(Extracted material begins)

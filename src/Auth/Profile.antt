-- ===== src/Auth/Profile.antt =====
-- services/auth/src/routes/account.ts: a user's own profile and sessions, and a guest's token.
use devops_lab.Prelude.{
  ℕ, ◌/◌, Bool, Option, none, some, String, List, string_eq, is_some, if◌then◌else◌,
}
use devops_lab.Services.{Prisma, Redis}
use devops_lab.Auth.State.{
  Auth, AuthUser, UserSession, AuthKey, AuthValue, AuthReply, refused, success, server_error,
  Claims, has_user_id, usable,
}
use devops_lab.Auth.Session.{is_token_denylisted, is_open_of}
use devops_lab.Auth.Account.{Caller, guarded}

-- The user's row, with `hasPassword` in place of the password.
pub record Profile : Type 0 where
  pub id : String
  pub email : String
  pub name : Option String
  pub job_title : Option String
  pub role : String
  pub email_verified : Option ℕ
  pub mfa_enabled : Bool
  pub first_login_at : Option ℕ
  pub last_login_at : Option ℕ
  pub has_password : Bool

abbrev pub profile_of : AuthUser → Profile
profile_of u = record {
  id = u.id;
  email = u.email;
  name = u.name;
  job_title = u.job_title;
  role = u.role;
  email_verified = u.email_verified;
  mfa_enabled = u.mfa_enabled;
  first_login_at = u.first_login_at;
  last_login_at = u.last_login_at;
  has_password = is_some (usable u.password);
}

-- A field that the body leaves out stays.
abbrev pub or_kept : Option String → Option String → Option String
or_kept none old = old
or_kept (some x) old = some x

-- POST /guest-token: `user_id` is "guest_" and the guest's identifier.
abbrev pub guest_token : String → String → ℕ → Claims
guest_token user_id jti now = record { sub = user_id; role = "GUEST"; jti = jti; iat = now / 1000 }

module _ (P : Prisma) (R : Redis AuthKey AuthValue) where
  -- Whether the hook of the routes lets the caller pass.
  abbrev pub is_refused : Caller → Auth P R → Bool
  is_refused c s =
      is_token_denylisted P R c.first_answers c.second_answers c.now (some c.claims.jti)
        (some c.claims.sub) (some c.claims.iat) s

  abbrev pub profile_found : Option AuthUser → Option Profile
  profile_found none = none
  profile_found (some u) = some (profile_of u)

  -- GET /me; `none` is a refusal, of the token or with 404.
  unfoldable pub get_profile : Caller → Auth P R → Option Profile
  unfolding is_token_denylisted
  get_profile c s =
      if is_refused c s
      then none
      else profile_found (P.find_first (has_user_id c.claims.sub) s.users)

  -- PUT /me
  unfoldable pub update_profile :
      Caller → Option String → Option String → Auth P R → Auth P R × AuthReply
  unfolding is_token_denylisted
  update_profile c name job_title s = guarded P R c s (
      if is_some (P.find_first (has_user_id c.claims.sub) s.users)
      then (
        record s {
          users =
              P.update_many (has_user_id c.claims.sub)
                (λ (u : AuthUser). record u {
                  name = or_kept name u.name;
                  job_title = or_kept job_title u.job_title;
                })
                s.users;
        },
        success,
      )
      else (s, refused server_error))

  -- GET /sessions, less the order; `none` is a refused token.
  unfoldable pub list_sessions : Caller → Auth P R → Option (List UserSession)
  unfolding is_token_denylisted
  list_sessions c s =
      if is_refused c s then none else some (P.find_many (is_open_of c.claims.sub) s.user_sessions)
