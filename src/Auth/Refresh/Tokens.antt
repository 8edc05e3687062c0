-- ===== src/Auth/Refresh/Tokens.antt =====
-- POST /refresh against an abstract table of tokens: which are dead, fresh, or spent and since when.
use devops_lab.Prelude.{
  ℕ, ◌≡◌, ◌≢◌, ◌<◌, ◌+◌, ◌*◌, refl, Bool, true, false, ◌&&◌, Option, none, some, String, string_eq,
  nat_eq, ◌==◌, leb, ltb, arith, Bool-cases, Option-cases, inl, inr, if◌then◌else◌, ◌∙◌, ap,
  is_some, eq_self, eq_of_beq, subst,
}
use devops_lab.Services.{Prisma, Redis}
use devops_lab.Auth.State.{
  Auth, AuthKey, AuthValue, refresh_key, flag, rotated, revoked, user_ref, stamp, AuthReply,
  refused, session_given, session_compromised, user_not_found, has_user_id,
}
use devops_lab.Auth.Session.{Fresh, set_session_cookies, parse_refresh_token}
use devops_lab.Auth.Refresh.{RefreshRequest, refresh, refresh_by, reuse_token, renew}
use devops_lab.Auth.Revocation.{invalidate_all_sessions-IsGone, invalidate_all_sessions-others}

pub data Token : Type 0 where
  dead live : Token
  spent : ℕ → Token

-- The outcomes that a caller can tell apart.
pub data Outcome : Type 0 where
  expired compromised unknown_user given : Outcome

abbrev pub Tokens : Type 0
Tokens = String → String → Token

abbrev pub put_token : String → String → Token → Tokens → Tokens
put_token u h x v u' h' = if u' == u && h' == h then x else v u' h'

abbrev pub drop_user : String → Tokens → Tokens
drop_user u v u' h' = if u' == u then dead else v u' h'

-- What a refresh with the token `h` of the user `u` promises; `fresh` is the new token's hash.
unfoldable pub spec_refresh :
    Bool → ℕ → String → String → String → Token → Tokens → Tokens × Outcome
spec_refresh known now u h fresh dead v = (v, expired)
spec_refresh known now u h fresh live v =
    let used = put_token u h (spent now) v in
    if known then (put_token u fresh live used, given) else (used, unknown_user)
spec_refresh known now u h fresh (spent t) v =
    if leb now (t + 10000)
    then (if known then (put_token u fresh live v, given) else (v, unknown_user))
    else (drop_user u v, compromised)

abbrev pub token_of : Option AuthValue → Token
token_of none = dead
token_of (some flag) = live
token_of (some (rotated t)) = spent t
token_of (some revoked) = dead
token_of (some (user_ref u)) = dead
token_of (some (stamp t)) = dead

-- Only the texts of tokens stand under a token's key.
abbrev pub is_token : Option AuthValue → Bool
is_token (some (stamp t)) = false
is_token _ = true

abbrev pub outcome_of : AuthReply → Outcome
outcome_of (refused session_compromised) = compromised
outcome_of (refused user_not_found) = unknown_user
outcome_of (session_given c secret) = given
outcome_of _ = expired

abbrev user_part : AuthKey → String
user_part (refresh_key u h) = u
user_part _ = ""

abbrev hash_part : AuthKey → String
hash_part (refresh_key u h) = h
hash_part _ = ""

refresh_key-ne :
    (u u' h h' : String) → (u' == u && h' == h) ≡ false → refresh_key u' h' ≢ refresh_key u h
refresh_key-ne u u' h h' miss e =
    let a : (u' == u) ≡ true = subst (λ x. (u' == x) ≡ true) (ap user_part e) (eq_self u') in
    let b : (h' == h) ≡ true = subst (λ x. (h' == x) ≡ true) (ap hash_part e) (eq_self h') in
    absurd (ground (arith, a, b, miss))

refresh_key-same :
    (u u' h h' : String) → (u' == u && h' == h) ≡ true → refresh_key u' h' ≡ refresh_key u h
refresh_key-same u u' h h' hit =
    let a : (u' == u) ≡ true = ground (arith, hit) in
    let b : (h' == h) ≡ true = ground (arith, hit) in
    ap (λ x. refresh_key x h') (eq_of_beq u' u a) ∙ ap (λ x. refresh_key u x) (eq_of_beq h' h b)

module _ (P : Prisma) (R : Redis AuthKey AuthValue) (now ttl : ℕ) where
  -- The tokens as Redis has them at the time of the request.
  abbrev pub tokens : Auth P R → Tokens
  tokens s u h = token_of (R.get s.kv now (refresh_key u h))

  tokens-set_ex :
      (kv : R.Kv) (u u' h h' : String) (v : AuthValue)
      → 0 < ttl
      → token_of (R.get (R.set_ex kv now (refresh_key u h) v ttl) now (refresh_key u' h')) ≡ (
          if u' == u && h' == h
          then token_of (some v)
          else token_of (R.get kv now (refresh_key u' h')))
  tokens-set_ex kv u u' h h' v pos = elim (Bool-cases (u' == u && h' == h)) [
    | inl e ↦
        let alive : ltb now (now + ttl * 1000) ≡ true = ground (arith, pos) in
        let read : R.get (R.set_ex kv now (refresh_key u h) v ttl) now (refresh_key u' h')
            ≡ some v =
          ap (R.get (R.set_ex kv now (refresh_key u h) v ttl) now) (refresh_key-same u u' h h' e)
          ∙ R.get-set_ex_self kv now now (refresh_key u h) v ttl (omega arith)
          ∙ rw alive refl in
        rw e (ap token_of read)
    | inr e ↦
        let read =
          R.get-set_ex_ne kv now now (refresh_key u' h') (refresh_key u h) v ttl
            (refresh_key-ne u u' h h' e) in
        rw e (ap token_of read)
  ]

module _ (P : Prisma) (R : Redis AuthKey AuthValue) (ttl : ℕ) (sha256 : String → String)
    (f : Fresh) where
  abbrev table : Auth P R → Tokens
  table = tokens P R f.now ttl

  -- The table of the state is the abstract one.
  abbrev Agrees : Tokens → Auth P R → Type 0
  Agrees v s = (u h : String) → table s u h ≡ v u h

  module _ (u : String) (pos : 0 < ttl) where
    abbrev known : Auth P R → Bool
    known s = is_some (P.find_first (has_user_id u) s.users)

    abbrev renewed : Auth P R → Tokens → Tokens × Outcome
    renewed s v =
        if known s then (put_token u (sha256 f.secret) live v, given) else (v, unknown_user)

    renew-refines :
        (s : Auth P R) (v : Tokens)
        → Agrees v s
        → let r = renew P R sha256 ttl f u s in
          Agrees (renewed s v).0 r.0 × (outcome_of r.1 ≡ (renewed s v).1)
    unfolding renew set_session_cookies
    renew-refines s v h = elim (Option-cases (P.find_first (has_user_id u) s.users)) [
      | inl e ↦ rw (e, renew) (h, refl)
      | inr (x, e) ↦
          let own : x.id ≡ u = eq_of_beq x.id u (P.find_first-some (has_user_id u) s.users x e).0 in
          let new = sha256 f.secret in
          rw (e, renew, own)
            (
              (λ u' h'.
                  tokens-set_ex P R f.now ttl s.kv u u' new h' flag pos
                  ∙ ap (λ x. if u' == u && h' == new then live else x) (h u' h')),
              refl,
            )
    ]

    -- By what Redis can hold for the token.
    refresh_live :
        (h : String) (s : Auth P R)
        → let spec = spec_refresh (known s) f.now u h (sha256 f.secret) live (table s) in
          let r = refresh_by P R sha256 ttl f u h (some flag) s in
          Agrees spec.0 r.0 × (outcome_of r.1 ≡ spec.1)
    unfolding refresh_by spec_refresh
    refresh_live h s =
        renew-refines (record s { kv = R.set_ex s.kv f.now (refresh_key u h) (rotated f.now) ttl })
          (put_token u h (spent f.now) (table s))
          (λ u' h'. tokens-set_ex P R f.now ttl s.kv u u' h h' (rotated f.now) pos)

    refresh_spent :
        (h : String) (t : ℕ) (s : Auth P R)
        → let spec = spec_refresh (known s) f.now u h (sha256 f.secret) (spent t) (table s) in
          let r = refresh_by P R sha256 ttl f u h (some (rotated t)) s in
          Agrees spec.0 r.0 × (outcome_of r.1 ≡ spec.1)
    unfolding refresh_by spec_refresh reuse_token
    refresh_spent h t s = elim (Bool-cases (leb f.now (t + 10000))) [
      | inl e ↦ rw (e, reuse_token) (renew-refines s (table s) (λ u' h'. refl))
      | inr e ↦
          rw (e, reuse_token)
            (
              (λ u' h'. elim (Bool-cases (u' == u)) [
                | inl m ↦
                    rw (m, eq_of_beq u' u m)
                      (ap token_of (invalidate_all_sessions-IsGone P R f.now u s f.now h'))
                | inr m ↦
                    rw m (ap token_of (invalidate_all_sessions-others P R f.now u s f.now u' h' m))
              ]),
              refl,
            )
    ]

    refresh_by-refines :
        (h : String) (o : Option AuthValue) (s : Auth P R)
        → is_token o ≡ true
        → let spec = spec_refresh (known s) f.now u h (sha256 f.secret) (token_of o) (table s) in
          let r = refresh_by P R sha256 ttl f u h o s in
          Agrees spec.0 r.0 × (outcome_of r.1 ≡ spec.1)
    unfolding refresh_by spec_refresh
    refresh_by-refines h none s ok = ((λ u' h'. refl), refl)
    refresh_by-refines h (some flag) s ok = refresh_live h s
    refresh_by-refines h (some (rotated t)) s ok = refresh_spent h t s
    refresh_by-refines h (some revoked) s ok = ((λ u' h'. refl), refl)
    refresh_by-refines h (some (user_ref x)) s ok = ((λ u' h'. refl), refl)
    refresh_by-refines h (some (stamp t)) s ok = cc

-- If refresh tokens have a positive lifetime, then for a cookie that parses and a key that holds a
-- token's value or nothing, the refresh does to the tokens of all users, and answers, what the
-- specification says: a live token becomes rotated and a new one is live, a rotated one within ten
-- seconds gives a new one, a rotated one after that drops every token of its user, a dead one
-- changes nothing, and a token whose user is gone gets no new one.
pub refresh-refines :
    (P : Prisma) (R : Redis AuthKey AuthValue) (sha256 : String → String) (ttl : ℕ)
    (q : RefreshRequest) (u h : String) (s : Auth P R)
    → 0 < ttl
    → parse_refresh_token sha256 q.cookie ≡ some (u, h)
    → is_token (R.get s.kv q.fresh.now (refresh_key u h)) ≡ true
    → let before = tokens P R q.fresh.now ttl s in
      let known = is_some (P.find_first (has_user_id u) s.users) in
      let spec = spec_refresh known q.fresh.now u h (sha256 q.fresh.secret) (before u h) before in
      let r = refresh P R sha256 ttl q s in
      ((u' h' : String) → tokens P R q.fresh.now ttl r.0 u' h' ≡ spec.0 u' h')
      × (outcome_of r.1 ≡ spec.1)
unfolding refresh
refresh-refines P R sha256 ttl q u h s pos e ok =
    rw (e, refresh)
      (refresh_by-refines P R ttl sha256 q.fresh u pos h (R.get s.kv q.fresh.now (refresh_key u h))
        s ok)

(Extracted material ends)

▶ Problem to work on
In the listing above, find each line with the word "elim" and return it.

▶ Answer below
  tokens-set_ex kv u u' h h' v pos = elim (Bool-cases (u' == u && h' == h)) [
    renew-refines s v h = elim (Option-cases (P.find_first (has_user_id u) s.users)) [
    refresh_spent h t s = elim (Bool-cases (leb f.now (t + 10000))) [
              (λ u' h'. elim (Bool-cases (u' == u)) [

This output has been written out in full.